TASK PROMPT:
Work through the data line by line, gathering every line that has the word "what".

LISTED RECORDS:
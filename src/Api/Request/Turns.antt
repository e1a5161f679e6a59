-- ===== src/Api/Request/Turns.antt =====
-- The API key, and the turns of a request.
use text.Mathlib.TextPositions.{starts_with-append}
use perplexity_proxy_go.Prelude.{
  ℕ, suc, true, ◌≡◌, ◌≢◌, ◌↔◌, ◌⊎◌, inl, inr, refl, sym, ap, ◌∙◌, List, [], ◌∷◌, String, ◌==◌,
  eq_iff, eq_refl, starts_with, starts_with_iff, drop_prefix, drop_prefix-append, ◌⧺◌, Bool-cases,
  arith, Option, none, some, join,
}
use perplexity_proxy_go.Errors.{ok}
use perplexity_proxy_go.Json.{Value, str, arr, obj, end, field, Values, nil, cons, elems}
use perplexity_proxy_go.Transport.Client.{Host}
use perplexity_proxy_go.Api.Request.{
  Turn, HttpRequest, passed, flatten_content, is_role, read_turns, presented_key, decode_blocks,
  text_parts, is_authorized,
}

bearer-key :
    (auth key : String)
    → starts_with auth "Bearer " ≡ true
    → drop_prefix auth "Bearer " ≡ key
    → auth ≡ "Bearer " ⧺ key
bearer-key auth key h k =
    let (rest, e) = (starts_with_iff auth "Bearer ").0 h in
    let same : rest ≡ key =
      sym (drop_prefix-append "Bearer " rest) ∙ ap (λ a. drop_prefix a "Bearer ") e ∙ k in
    sym e ∙ ap (λ r. "Bearer " ⧺ r) same

-- the two ways to present a key
abbrev pub Presents : String → HttpRequest → Type 0
Presents key r =
    (r.header "x-api-key" ≡ key)
    ⊎ ((r.header "x-api-key" ≡ "") × (r.header "Authorization" ≡ "Bearer " ⧺ key))

presented_key-Presents :
    (key : String) (r : HttpRequest) → presented_key r ≡ key → key ≢ "" → Presents key r
unfolding presented_key
presented_key-Presents key r h ne = elim (Bool-cases (r.header "x-api-key" == "")) [
  | inr given ↦ inl (rw given at h)
  | inl absent ↦ elim (Bool-cases (starts_with (r.header "Authorization") "Bearer ")) [
    | inl bearer ↦ inr ((eq_iff _ _).0 absent, bearer-key _ key bearer (rw (absent, bearer) at h))
    | inr other ↦ absurd (ne (sym (rw (absent, other) at h) ∙ (eq_iff _ _).0 absent))
  ]
]

Presents-presented_key :
    (key : String) (r : HttpRequest) → Presents key r → key ≢ "" → presented_key r ≡ key
unfolding presented_key
Presents-presented_key key r (inl e) ne = ground (arith, eq_iff (r.header "x-api-key") "")
Presents-presented_key key r (inr (absent, auth)) ne =
    rw (absent, auth, starts_with-append "Bearer " key) (drop_prefix-append "Bearer " key)

-- A server with a key lets a request pass exactly when it has the key in x-api-key, or has no
-- x-api-key and the key as a bearer token.
pub is_authorized_iff :
    (key : String) (r : HttpRequest) → key ≢ "" → (is_authorized key r ≡ true) ↔ Presents key r
unfolding is_authorized
is_authorized_iff key r ne = (
  λ h.
      presented_key-Presents key r (ground (arith, eq_iff key "", eq_iff (presented_key r) key)) ne,
  λ p. ground (arith, Presents-presented_key key r p ne, eq_refl key),
)

-- Who speaks, and what: a text, blocks of text, or nothing.
pub data Speaker : Type 0 where
  user : Speaker
  assistant : Speaker

pub data Content : Type 0 where
  plain_text : String → Content
  text_blocks : List String → Content
  no_content : Content

abbrev pub role_name : Speaker → String
role_name user = "user"
role_name assistant = "assistant"

abbrev blocks_json : List String → Values
blocks_json [] = nil
blocks_json (t ∷ ts) =
    cons (obj (field "type" (str "text") (field "text" (str t) end))) (blocks_json ts)

abbrev pub content_json : Content → Option Value
content_json (plain_text s) = some (str s)
content_json (text_blocks ts) = some (arr (blocks_json ts))
content_json no_content = none

-- the text of a content: blocks stand on lines of their own
abbrev pub content_text : Content → String
content_text (plain_text s) = s
content_text (text_blocks ts) = join "\n" ts
content_text no_content = ""

-- the `messages` of a request for what was said
abbrev pub turns_of : List (Speaker × Content) → List Turn
turns_of [] = []
turns_of ((who, said) ∷ rest) =
    record { role = role_name who; content = content_json said } ∷ turns_of rest

-- the lines of the query for what was said
abbrev pub lines_of : List (Speaker × Content) → List String
lines_of [] = []
lines_of ((who, said) ∷ rest) = (role_name who ⧺ ": " ⧺ content_text said) ∷ lines_of rest

abbrev pub typed : List String → List (String × String)
typed [] = []
typed (t ∷ ts) = ("text", t) ∷ typed ts

decode_blocks-blocks_json :
    (ts : List String) → decode_blocks (elems (blocks_json ts)) ≡ ok (typed ts)
unfolding decode_blocks
decode_blocks-blocks_json [] = refl
decode_blocks-blocks_json (t ∷ ts) = rw (decode_blocks-blocks_json ts) refl

text_parts-typed : (ts : List String) → text_parts (typed ts) ≡ inr ts
unfolding text_parts
text_parts-typed [] = refl
text_parts-typed (t ∷ ts) = rw (text_parts-typed ts) refl

pub flatten_content-content_json :
    (host : Host) (c : Content) → flatten_content host (content_json c) ≡ inr (content_text c)
unfolding flatten_content
flatten_content-content_json host (plain_text s) = refl
flatten_content-content_json host (text_blocks ts) =
    rw (decode_blocks-blocks_json ts, text_parts-typed ts) refl
flatten_content-content_json host no_content = refl

pub is_role-role_name : (who : Speaker) → is_role (role_name who) ≡ true
is_role-role_name user = refl
is_role-role_name assistant = refl

-- The messages of a request, each of the user or the assistant, with a text, a list of text blocks or
-- no content, become the lines of the query, in order: the role, a colon, and the text, in which the
-- blocks are joined by newlines.
pub read_turns-turns_of :
    (host : Host) (i : ℕ) (said : List (Speaker × Content))
    → read_turns host i (turns_of said) ≡ passed (lines_of said)
unfolding read_turns
read_turns-turns_of host i [] = refl
read_turns-turns_of host i ((who, content) ∷ rest) =
    rw
      (
        flatten_content-content_json host content,
        is_role-role_name who,
        read_turns-turns_of host (suc i) rest,
      )
      refl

FINISHED EXERCISE:
-- Who speaks, and what: a text, blocks of text, or nothing.
-- the `messages` of a request for what was said
-- the lines of the query for what was said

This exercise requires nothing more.